Data to use
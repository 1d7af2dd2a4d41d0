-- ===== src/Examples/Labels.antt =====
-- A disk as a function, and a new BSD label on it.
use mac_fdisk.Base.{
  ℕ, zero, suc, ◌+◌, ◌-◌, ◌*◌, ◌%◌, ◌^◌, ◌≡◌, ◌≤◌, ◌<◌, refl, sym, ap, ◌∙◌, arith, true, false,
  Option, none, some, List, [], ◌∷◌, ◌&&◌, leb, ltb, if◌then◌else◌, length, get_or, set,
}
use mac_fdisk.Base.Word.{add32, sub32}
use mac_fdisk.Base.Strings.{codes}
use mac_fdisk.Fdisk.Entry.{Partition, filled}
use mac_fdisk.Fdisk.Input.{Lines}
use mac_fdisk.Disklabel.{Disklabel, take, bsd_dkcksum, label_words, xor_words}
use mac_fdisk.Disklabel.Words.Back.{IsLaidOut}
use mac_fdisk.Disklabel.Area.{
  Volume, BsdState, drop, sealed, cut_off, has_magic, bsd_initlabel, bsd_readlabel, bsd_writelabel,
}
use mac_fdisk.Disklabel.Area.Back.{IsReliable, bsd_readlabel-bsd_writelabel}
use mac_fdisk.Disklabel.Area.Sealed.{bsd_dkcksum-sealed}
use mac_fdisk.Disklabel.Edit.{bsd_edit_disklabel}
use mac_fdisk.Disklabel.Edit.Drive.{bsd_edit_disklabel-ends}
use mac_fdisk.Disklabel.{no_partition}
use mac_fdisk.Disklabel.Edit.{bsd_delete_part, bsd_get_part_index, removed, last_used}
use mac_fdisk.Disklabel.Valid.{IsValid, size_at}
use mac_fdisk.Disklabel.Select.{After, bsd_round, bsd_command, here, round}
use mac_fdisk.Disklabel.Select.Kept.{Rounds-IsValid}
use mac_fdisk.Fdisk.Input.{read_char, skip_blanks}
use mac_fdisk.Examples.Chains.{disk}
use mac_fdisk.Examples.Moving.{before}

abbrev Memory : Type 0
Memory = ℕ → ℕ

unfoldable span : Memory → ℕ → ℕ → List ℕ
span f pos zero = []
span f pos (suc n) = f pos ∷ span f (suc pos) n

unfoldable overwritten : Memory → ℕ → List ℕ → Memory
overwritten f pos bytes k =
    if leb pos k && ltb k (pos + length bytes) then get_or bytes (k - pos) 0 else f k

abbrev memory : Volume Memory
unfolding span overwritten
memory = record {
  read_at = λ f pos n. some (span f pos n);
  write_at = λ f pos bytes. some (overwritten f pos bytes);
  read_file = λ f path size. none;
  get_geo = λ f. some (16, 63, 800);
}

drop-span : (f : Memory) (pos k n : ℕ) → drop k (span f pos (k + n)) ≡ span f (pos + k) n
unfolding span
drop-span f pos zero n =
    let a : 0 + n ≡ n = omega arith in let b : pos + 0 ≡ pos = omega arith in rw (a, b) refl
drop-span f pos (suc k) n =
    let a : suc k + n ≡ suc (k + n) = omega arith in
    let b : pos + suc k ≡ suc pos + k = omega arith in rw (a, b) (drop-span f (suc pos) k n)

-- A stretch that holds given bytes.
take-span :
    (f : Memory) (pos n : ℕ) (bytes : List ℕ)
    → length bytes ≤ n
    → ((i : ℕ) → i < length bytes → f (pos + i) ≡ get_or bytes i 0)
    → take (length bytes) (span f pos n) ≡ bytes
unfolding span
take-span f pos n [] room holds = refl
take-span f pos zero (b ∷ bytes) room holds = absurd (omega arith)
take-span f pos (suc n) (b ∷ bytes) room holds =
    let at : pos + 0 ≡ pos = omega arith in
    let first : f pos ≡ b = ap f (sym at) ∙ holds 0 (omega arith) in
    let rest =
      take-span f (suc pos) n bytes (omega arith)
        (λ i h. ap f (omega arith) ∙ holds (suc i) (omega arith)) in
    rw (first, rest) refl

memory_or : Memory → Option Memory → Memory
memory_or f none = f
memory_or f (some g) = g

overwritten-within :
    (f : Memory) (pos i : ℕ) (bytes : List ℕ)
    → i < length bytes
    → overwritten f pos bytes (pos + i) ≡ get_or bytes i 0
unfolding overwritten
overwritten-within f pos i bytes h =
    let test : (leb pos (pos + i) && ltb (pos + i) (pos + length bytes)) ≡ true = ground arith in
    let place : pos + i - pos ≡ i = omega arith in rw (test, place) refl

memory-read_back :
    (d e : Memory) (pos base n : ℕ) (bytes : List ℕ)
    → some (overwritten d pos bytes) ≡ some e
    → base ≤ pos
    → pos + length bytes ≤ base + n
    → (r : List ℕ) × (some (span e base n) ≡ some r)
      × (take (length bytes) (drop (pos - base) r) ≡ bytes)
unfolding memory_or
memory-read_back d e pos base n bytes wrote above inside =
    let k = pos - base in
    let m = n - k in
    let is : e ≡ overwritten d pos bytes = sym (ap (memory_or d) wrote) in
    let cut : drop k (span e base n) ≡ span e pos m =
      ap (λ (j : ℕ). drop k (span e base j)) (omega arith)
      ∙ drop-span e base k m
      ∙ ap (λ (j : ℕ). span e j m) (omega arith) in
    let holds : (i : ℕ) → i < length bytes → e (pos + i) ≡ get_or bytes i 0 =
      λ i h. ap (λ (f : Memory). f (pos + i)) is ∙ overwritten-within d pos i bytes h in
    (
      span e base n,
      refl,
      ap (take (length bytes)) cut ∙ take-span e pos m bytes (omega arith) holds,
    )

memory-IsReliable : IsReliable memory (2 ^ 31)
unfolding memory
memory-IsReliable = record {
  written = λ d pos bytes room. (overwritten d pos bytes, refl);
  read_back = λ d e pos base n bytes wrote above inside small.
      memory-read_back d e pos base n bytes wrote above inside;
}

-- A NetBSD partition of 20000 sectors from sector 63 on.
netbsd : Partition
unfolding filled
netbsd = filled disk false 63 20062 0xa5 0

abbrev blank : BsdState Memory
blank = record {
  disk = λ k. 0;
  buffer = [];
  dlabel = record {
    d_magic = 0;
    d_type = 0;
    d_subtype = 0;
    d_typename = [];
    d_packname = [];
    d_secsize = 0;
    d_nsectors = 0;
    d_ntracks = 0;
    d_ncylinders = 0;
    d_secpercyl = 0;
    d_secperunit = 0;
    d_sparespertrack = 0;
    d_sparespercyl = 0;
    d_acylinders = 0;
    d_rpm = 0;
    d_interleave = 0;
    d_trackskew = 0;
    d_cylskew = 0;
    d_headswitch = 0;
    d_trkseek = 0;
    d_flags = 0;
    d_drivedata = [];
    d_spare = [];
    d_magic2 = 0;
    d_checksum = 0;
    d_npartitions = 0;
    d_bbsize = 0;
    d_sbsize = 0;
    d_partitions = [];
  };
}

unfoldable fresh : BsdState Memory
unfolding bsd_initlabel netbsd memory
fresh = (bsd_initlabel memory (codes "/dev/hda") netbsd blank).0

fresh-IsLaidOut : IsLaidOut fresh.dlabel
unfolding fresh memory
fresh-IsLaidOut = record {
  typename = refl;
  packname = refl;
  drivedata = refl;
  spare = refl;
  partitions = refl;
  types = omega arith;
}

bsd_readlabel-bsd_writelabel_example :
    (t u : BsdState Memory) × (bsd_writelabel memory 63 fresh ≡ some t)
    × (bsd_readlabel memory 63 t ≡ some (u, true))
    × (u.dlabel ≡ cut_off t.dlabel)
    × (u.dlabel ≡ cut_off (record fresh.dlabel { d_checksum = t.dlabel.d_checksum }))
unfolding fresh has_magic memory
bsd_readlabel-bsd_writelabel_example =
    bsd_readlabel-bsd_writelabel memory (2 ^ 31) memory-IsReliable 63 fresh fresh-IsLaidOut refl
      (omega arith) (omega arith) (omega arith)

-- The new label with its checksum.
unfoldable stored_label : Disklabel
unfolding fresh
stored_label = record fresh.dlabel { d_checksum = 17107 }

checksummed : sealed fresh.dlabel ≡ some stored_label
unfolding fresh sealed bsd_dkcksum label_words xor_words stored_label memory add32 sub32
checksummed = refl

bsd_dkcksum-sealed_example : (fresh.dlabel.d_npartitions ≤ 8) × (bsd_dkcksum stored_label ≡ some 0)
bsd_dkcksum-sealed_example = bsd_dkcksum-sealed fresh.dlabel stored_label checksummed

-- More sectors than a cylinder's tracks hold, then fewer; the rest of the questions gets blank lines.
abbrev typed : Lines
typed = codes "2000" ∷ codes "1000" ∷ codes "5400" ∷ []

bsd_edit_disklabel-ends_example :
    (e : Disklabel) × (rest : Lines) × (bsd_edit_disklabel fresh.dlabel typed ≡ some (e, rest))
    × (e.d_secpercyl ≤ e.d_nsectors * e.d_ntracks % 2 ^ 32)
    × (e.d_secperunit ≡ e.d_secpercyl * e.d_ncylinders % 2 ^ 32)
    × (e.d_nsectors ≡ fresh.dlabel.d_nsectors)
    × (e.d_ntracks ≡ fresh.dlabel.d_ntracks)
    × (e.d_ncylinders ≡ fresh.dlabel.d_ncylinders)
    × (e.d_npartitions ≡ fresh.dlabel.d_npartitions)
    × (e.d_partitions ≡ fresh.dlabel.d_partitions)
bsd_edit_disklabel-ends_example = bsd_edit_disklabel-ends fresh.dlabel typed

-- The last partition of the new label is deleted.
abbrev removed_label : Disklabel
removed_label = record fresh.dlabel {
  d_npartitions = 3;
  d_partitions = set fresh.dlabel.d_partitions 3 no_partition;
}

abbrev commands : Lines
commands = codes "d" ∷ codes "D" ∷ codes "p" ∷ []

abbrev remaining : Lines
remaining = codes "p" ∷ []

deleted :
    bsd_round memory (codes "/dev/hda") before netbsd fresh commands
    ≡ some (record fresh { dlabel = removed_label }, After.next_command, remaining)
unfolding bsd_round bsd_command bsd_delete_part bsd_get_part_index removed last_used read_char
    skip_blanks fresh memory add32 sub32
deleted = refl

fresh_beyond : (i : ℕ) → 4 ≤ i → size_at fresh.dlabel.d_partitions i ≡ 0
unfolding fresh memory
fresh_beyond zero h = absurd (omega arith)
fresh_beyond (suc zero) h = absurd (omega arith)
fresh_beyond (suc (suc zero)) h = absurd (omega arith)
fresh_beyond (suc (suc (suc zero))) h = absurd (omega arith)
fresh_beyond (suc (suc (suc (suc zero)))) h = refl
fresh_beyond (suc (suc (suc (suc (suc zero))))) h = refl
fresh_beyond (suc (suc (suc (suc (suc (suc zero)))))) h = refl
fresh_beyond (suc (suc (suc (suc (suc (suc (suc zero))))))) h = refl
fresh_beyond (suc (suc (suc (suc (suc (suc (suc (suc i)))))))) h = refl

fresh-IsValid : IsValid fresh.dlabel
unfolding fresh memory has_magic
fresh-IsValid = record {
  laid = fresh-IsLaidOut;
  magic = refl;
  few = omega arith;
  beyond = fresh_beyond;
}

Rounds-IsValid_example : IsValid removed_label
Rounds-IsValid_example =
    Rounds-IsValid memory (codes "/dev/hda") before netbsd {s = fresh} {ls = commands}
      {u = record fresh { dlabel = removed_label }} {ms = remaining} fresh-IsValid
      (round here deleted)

The problem
Transcribe, exactly and without additions, the lines of the records above, beginning with the line that contains "memory-IsReliable = record" and ending with the line that contains "spare = refl;", both included.

Your solution
memory-IsReliable = record {
  written = λ d pos bytes room. (overwritten d pos bytes, refl);
  read_back = λ d e pos base n bytes wrote above inside small.
      memory-read_back d e pos base n bytes wrote above inside;
}

-- A NetBSD partition of 20000 sectors from sector 63 on.
netbsd : Partition
unfolding filled
netbsd = filled disk false 63 20062 0xa5 0

abbrev blank : BsdState Memory
blank = record {
  disk = λ k. 0;
  buffer = [];
  dlabel = record {
    d_magic = 0;
    d_type = 0;
    d_subtype = 0;
    d_typename = [];
    d_packname = [];
    d_secsize = 0;
    d_nsectors = 0;
    d_ntracks = 0;
    d_ncylinders = 0;
    d_secpercyl = 0;
    d_secperunit = 0;
    d_sparespertrack = 0;
    d_sparespercyl = 0;
    d_acylinders = 0;
    d_rpm = 0;
    d_interleave = 0;
    d_trackskew = 0;
    d_cylskew = 0;
    d_headswitch = 0;
    d_trkseek = 0;
    d_flags = 0;
    d_drivedata = [];
    d_spare = [];
    d_magic2 = 0;
    d_checksum = 0;
    d_npartitions = 0;
    d_bbsize = 0;
    d_sbsize = 0;
    d_partitions = [];
  };
}

unfoldable fresh : BsdState Memory
unfolding bsd_initlabel netbsd memory
fresh = (bsd_initlabel memory (codes "/dev/hda") netbsd blank).0

fresh-IsLaidOut : IsLaidOut fresh.dlabel
unfolding fresh memory
fresh-IsLaidOut = record {
  typename = refl;
  packname = refl;
  drivedata = refl;
  spare = refl;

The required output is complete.